## What to do
Scan the data below for the string "Prelude". Show every line where it turns up.

## Data to examine
+++++

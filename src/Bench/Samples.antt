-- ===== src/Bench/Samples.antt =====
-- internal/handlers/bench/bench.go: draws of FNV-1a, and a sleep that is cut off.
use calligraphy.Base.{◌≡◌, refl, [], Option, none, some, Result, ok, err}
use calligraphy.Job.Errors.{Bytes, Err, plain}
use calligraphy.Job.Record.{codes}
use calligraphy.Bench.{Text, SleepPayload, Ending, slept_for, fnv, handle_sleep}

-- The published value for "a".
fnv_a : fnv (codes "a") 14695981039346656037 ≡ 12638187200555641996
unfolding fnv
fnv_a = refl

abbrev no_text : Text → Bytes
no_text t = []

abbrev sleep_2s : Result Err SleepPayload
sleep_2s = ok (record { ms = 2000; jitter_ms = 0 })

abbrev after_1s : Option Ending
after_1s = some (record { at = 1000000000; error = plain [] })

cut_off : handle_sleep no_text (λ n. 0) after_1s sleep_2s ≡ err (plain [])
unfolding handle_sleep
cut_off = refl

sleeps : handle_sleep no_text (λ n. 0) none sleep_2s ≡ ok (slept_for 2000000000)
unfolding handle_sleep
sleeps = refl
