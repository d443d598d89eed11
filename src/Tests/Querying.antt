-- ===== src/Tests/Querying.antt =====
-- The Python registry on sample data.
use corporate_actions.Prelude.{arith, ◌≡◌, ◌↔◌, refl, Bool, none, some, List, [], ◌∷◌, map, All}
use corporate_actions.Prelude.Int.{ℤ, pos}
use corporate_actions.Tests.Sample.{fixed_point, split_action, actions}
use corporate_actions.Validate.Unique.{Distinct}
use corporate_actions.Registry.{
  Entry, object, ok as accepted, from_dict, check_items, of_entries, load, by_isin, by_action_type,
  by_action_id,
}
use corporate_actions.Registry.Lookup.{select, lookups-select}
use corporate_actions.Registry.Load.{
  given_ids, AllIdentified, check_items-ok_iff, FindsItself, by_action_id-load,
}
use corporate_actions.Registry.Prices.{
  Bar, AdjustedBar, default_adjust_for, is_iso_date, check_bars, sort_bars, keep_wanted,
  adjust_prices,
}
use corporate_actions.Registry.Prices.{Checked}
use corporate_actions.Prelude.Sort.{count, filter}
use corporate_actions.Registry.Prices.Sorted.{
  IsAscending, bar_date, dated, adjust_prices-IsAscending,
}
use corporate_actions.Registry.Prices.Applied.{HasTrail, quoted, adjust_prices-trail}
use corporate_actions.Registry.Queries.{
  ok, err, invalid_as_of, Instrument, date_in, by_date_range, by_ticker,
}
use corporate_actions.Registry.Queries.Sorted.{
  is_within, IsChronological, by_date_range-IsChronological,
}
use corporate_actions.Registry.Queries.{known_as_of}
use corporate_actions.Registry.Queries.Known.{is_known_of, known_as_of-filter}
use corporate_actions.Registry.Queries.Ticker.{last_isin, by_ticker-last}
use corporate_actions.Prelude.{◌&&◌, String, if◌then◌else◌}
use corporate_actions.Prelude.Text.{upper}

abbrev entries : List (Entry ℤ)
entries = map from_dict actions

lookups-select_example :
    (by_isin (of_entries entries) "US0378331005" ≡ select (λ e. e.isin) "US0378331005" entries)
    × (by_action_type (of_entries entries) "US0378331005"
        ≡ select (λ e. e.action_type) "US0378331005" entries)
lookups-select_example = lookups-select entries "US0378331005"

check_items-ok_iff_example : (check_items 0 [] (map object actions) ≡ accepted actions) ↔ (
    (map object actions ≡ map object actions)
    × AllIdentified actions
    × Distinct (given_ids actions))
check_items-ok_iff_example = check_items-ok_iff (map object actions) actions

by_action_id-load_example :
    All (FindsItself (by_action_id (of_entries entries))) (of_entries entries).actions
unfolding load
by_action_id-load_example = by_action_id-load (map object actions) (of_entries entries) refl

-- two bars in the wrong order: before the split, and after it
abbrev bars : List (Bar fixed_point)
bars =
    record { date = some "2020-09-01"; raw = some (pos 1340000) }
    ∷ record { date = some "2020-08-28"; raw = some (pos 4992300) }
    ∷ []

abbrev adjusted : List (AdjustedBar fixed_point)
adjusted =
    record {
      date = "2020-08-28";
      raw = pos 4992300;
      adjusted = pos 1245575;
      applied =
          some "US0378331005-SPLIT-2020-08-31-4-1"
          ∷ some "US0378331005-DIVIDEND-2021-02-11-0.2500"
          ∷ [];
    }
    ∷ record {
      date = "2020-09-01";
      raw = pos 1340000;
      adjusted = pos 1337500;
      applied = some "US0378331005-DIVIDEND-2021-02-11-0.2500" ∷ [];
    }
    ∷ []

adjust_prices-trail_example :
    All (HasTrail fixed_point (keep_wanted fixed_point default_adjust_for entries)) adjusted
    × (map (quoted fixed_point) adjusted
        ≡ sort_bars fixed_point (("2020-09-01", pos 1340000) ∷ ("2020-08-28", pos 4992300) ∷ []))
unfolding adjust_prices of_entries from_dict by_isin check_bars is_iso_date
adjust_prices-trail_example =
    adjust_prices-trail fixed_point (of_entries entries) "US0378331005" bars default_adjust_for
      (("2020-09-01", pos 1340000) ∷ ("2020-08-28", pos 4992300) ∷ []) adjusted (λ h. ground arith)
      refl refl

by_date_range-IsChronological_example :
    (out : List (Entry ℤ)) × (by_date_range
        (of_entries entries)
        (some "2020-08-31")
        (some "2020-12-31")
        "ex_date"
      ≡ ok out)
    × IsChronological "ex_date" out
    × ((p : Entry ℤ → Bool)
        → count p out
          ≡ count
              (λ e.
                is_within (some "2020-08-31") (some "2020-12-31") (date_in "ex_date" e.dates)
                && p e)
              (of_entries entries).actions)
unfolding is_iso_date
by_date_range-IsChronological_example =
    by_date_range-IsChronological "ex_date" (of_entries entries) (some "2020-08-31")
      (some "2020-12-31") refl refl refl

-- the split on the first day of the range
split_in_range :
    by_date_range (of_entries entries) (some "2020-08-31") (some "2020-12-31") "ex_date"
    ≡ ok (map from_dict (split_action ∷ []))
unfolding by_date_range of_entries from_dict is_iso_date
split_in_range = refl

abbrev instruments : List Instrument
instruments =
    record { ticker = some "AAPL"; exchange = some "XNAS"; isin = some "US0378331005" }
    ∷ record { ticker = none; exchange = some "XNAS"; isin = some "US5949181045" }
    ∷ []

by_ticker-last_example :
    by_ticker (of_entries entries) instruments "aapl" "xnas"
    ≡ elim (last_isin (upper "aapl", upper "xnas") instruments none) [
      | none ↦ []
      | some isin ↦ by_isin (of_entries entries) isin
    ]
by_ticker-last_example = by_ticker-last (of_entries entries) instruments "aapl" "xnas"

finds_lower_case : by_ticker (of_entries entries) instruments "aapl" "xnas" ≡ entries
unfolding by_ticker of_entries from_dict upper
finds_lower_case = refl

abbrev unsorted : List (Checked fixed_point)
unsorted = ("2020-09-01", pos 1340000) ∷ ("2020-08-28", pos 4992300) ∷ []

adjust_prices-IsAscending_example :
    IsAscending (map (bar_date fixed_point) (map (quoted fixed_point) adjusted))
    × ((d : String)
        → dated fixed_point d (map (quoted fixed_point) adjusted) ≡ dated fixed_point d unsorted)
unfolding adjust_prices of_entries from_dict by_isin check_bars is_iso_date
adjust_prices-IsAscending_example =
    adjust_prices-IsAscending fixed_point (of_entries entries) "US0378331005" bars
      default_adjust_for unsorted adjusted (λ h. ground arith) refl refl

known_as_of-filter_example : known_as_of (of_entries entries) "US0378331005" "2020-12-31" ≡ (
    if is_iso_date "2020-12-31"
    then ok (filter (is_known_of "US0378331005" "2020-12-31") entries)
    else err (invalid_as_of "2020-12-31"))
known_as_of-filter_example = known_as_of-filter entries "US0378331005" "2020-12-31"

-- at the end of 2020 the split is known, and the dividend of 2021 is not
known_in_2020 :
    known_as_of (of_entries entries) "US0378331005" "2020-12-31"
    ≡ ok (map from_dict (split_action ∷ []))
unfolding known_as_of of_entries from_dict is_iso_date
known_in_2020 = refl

+++++

## Written solution
use corporate_actions.Prelude.{arith, ◌≡◌, ◌↔◌, refl, Bool, none, some, List, [], ◌∷◌, map, All}
use corporate_actions.Prelude.Int.{ℤ, pos}
use corporate_actions.Prelude.Sort.{count, filter}
use corporate_actions.Prelude.{◌&&◌, String, if◌then◌else◌}
use corporate_actions.Prelude.Text.{upper}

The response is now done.